What you should do — Would you repeat exactly the part of the listing below that runs from the line containing "abbrev pub IsFaulted" down to the line containing "IsFaulted c s = IsConsistent", inclusive, and nothing else?

Working data —

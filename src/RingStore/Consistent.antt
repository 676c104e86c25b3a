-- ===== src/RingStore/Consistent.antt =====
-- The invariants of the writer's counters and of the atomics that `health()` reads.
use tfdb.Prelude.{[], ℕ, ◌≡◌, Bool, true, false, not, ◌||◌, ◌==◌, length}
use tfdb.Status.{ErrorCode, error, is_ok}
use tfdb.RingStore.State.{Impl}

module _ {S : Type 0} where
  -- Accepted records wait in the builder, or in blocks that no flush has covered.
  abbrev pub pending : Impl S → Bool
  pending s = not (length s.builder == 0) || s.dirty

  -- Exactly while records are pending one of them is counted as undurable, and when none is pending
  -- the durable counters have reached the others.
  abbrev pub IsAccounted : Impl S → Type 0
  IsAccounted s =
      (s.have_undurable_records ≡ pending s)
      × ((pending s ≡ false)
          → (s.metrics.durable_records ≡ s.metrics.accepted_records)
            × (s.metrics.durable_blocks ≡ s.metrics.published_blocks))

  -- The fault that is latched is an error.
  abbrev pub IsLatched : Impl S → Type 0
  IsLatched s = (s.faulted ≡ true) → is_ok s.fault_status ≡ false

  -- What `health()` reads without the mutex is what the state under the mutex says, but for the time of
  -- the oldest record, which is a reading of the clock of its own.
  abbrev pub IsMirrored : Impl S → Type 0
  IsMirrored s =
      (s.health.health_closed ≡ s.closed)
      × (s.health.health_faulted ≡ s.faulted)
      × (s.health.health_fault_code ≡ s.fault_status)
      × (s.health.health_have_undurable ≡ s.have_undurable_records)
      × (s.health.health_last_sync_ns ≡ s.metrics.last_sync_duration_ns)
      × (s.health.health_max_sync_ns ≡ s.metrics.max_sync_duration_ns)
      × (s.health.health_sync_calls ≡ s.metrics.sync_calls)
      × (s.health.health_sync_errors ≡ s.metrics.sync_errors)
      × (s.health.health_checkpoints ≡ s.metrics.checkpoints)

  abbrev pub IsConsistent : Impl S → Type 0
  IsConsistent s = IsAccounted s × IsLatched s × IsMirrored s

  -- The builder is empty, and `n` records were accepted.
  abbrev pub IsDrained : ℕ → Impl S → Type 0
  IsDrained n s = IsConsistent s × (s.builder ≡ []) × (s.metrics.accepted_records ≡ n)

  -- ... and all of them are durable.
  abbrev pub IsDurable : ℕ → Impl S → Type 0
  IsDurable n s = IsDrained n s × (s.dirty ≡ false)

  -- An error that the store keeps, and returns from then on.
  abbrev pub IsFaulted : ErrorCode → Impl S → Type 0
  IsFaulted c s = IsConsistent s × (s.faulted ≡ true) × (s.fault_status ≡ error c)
...
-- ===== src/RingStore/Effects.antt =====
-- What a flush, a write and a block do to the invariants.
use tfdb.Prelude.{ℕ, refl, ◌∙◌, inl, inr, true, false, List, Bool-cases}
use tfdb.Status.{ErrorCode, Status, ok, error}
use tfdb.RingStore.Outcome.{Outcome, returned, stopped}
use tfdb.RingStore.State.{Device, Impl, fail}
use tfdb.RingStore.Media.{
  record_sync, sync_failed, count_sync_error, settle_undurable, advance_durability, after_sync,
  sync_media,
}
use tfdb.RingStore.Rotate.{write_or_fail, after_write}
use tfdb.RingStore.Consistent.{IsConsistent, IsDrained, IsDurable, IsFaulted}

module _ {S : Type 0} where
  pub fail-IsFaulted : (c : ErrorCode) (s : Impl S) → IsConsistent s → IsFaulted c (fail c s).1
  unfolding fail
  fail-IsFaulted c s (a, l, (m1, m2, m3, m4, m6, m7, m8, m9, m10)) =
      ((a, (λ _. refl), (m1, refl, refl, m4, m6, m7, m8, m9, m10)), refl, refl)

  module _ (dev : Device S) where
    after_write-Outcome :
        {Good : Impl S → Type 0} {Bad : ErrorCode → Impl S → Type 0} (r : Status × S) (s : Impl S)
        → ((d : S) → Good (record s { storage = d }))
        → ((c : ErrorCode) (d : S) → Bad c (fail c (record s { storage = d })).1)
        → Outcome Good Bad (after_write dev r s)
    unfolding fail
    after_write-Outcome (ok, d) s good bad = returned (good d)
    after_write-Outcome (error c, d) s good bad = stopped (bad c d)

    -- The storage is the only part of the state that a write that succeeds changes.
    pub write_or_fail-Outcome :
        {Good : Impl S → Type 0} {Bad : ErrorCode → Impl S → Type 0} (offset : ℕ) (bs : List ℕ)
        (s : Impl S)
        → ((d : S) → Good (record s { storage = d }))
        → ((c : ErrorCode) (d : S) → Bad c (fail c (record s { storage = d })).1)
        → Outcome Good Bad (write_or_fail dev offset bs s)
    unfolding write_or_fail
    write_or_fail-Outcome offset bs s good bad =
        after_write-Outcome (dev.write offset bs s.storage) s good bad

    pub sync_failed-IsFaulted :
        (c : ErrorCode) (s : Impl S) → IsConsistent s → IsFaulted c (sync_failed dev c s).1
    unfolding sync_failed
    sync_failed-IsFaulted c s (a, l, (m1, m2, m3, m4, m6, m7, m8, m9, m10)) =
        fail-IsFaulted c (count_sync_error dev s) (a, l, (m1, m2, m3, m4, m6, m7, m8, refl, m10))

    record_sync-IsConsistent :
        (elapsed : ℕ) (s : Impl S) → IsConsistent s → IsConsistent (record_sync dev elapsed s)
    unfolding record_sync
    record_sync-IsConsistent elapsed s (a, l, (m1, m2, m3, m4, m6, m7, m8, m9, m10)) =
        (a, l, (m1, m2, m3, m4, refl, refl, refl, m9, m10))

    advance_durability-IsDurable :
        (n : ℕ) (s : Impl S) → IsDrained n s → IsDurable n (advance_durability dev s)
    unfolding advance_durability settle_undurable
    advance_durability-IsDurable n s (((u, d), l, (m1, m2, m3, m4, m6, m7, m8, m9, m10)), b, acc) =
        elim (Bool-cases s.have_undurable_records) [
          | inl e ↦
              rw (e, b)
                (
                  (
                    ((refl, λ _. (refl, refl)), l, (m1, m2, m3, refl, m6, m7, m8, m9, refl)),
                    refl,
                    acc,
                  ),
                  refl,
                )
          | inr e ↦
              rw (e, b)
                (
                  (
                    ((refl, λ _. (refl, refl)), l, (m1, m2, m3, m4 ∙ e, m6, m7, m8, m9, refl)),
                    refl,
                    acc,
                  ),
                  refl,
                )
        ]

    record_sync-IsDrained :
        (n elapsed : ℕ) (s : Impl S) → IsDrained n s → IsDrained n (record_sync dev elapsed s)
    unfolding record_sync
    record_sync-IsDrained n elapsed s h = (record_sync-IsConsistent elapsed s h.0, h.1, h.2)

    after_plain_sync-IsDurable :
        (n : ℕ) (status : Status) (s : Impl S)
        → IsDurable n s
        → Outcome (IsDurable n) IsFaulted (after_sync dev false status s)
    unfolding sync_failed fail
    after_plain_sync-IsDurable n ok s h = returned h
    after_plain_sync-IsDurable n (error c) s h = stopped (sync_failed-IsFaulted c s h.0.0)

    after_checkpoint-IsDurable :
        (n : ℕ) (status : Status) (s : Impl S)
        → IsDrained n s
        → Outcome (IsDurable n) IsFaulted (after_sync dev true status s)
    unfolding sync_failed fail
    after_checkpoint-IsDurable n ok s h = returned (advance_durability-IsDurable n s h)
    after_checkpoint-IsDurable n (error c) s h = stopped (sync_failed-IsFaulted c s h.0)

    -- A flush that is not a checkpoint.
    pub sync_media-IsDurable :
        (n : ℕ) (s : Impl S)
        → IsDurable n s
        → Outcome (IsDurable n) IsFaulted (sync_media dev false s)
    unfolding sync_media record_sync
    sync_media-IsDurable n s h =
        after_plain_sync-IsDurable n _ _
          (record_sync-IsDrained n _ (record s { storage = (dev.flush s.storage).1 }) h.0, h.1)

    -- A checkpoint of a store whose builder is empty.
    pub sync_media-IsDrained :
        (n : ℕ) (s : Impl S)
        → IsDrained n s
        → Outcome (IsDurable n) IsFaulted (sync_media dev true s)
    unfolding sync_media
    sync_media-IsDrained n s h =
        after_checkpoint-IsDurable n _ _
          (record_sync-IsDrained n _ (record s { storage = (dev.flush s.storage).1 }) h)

Output for this exercise —
  abbrev pub IsFaulted : ErrorCode → Impl S → Type 0
  IsFaulted c s = IsConsistent s × (s.faulted ≡ true) × (s.fault_status ≡ error c)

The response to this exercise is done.